Exercise requirements
Say how many lines in the records contain the string "some". Nothing but the number should be given.

== The input ==

-- ===== src/Crdt/Tests.antt =====
-- Runs of the replicated data types, and their theorems at concrete inputs.
use Prim.Native.Nat.Ordering.{lt}
use mathlib.Core.List.{Permᴰ}
use ossa.Prelude.{
  ℕ, ◌≡◌, refl, [], ◌∷◌, ◌&&◌, done, beq, none, some, if◌then◌else◌, reverse, ◌==◌, arith, nat_ord,
}
use ossa.Crdt.Time.{
  CausalState, IsCausal, Extends, concurrent, compare_with_tiebreak, compare_with_tiebreak_swap,
}
use ossa.Crdt.Lamport.{
  LamportTimestamp, lamport_state, lamport_ord, lamport_order, partial_cmp, partial_cmp_lem, cmp,
}
use ossa.Crdt.Lww.{Lww, apply, apply_all}
use ossa.Crdt.Lww.Converge.{IsLast, apply_all-perm}

abbrev at_time : ℕ → ℕ → LamportTimestamp ℕ
at_time t i = record { timestamp = t; id = i }

abbrev write : ℕ → ℕ → ℕ → Lww (LamportTimestamp ℕ) ℕ
write t i v = record { time = at_time t i; value = v }

apply_all-perm_example :
    (m : Lww (LamportTimestamp ℕ) ℕ) × (apply_all lamport_state
        (write 1 0 10)
        (write 2 0 20 ∷ write 2 1 30 ∷ [])
      ≡ done m)
    × (apply_all lamport_state (write 1 0 10) (write 2 1 30 ∷ write 2 0 20 ∷ []) ≡ done m)
    × IsLast m (write 1 0 10 ∷ write 2 0 20 ∷ write 2 1 30 ∷ [])
apply_all-perm_example =
    apply_all-perm lamport_state (write 1 0 10) lamport_order.1 (ground arith)
      (Permᴰ.swap refl refl)

-- 5 happens before 1, and 3 is concurrent to both
abbrev five_before_one : CausalState ℕ
five_before_one = record { happens_before = λ a b. a == 5 && b == 1 }

abbrev reg : ℕ → Lww ℕ ℕ
reg t = record { time = t; value = t }

five_before_one-IsCausal : IsCausal five_before_one
five_before_one-IsCausal = record { irrefl = λ a. ground arith; trans = λ a b c h k. ground arith }

compare_with_tiebreak_swap_example :
    (compare_with_tiebreak five_before_one 1 5
      ≡ reverse (compare_with_tiebreak five_before_one 5 1))
    × (compare_with_tiebreak five_before_one 5 1 ≡ Prim.Native.Nat.Ordering.eq → ◌≡◌ {A = ℕ} 5 1)
    × (◌≡◌ {A = ℕ} 5 1 → compare_with_tiebreak five_before_one 5 1 ≡ Prim.Native.Nat.Ordering.eq)
compare_with_tiebreak_swap_example =
    compare_with_tiebreak_swap five_before_one 5 1 five_before_one-IsCausal

-- with an order on times that places 3 between the two, the order of delivery decides
two_orders :
    (apply_all five_before_one (reg 5) (reg 1 ∷ reg 3 ∷ []) ≡ done (reg 3))
    × (apply_all five_before_one (reg 5) (reg 3 ∷ reg 1 ∷ []) ≡ done (reg 1))
unfolding apply_all apply compare_with_tiebreak concurrent
two_orders = (refl, refl)

partial_cmp_lem_example :
    partial_cmp (at_time 1 0) (at_time 2 1)
    ≡ (if beq {K = ℕ} 0 1 then some (cmp (at_time 1 0) (at_time 2 1)) else none)
partial_cmp_lem_example = partial_cmp_lem (at_time 1 0) (at_time 2 1)

lamport_order_example : IsCausal (lamport_state {User = ℕ}) × Extends (lamport_state {User = ℕ})
lamport_order_example = lamport_order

===

Response area
2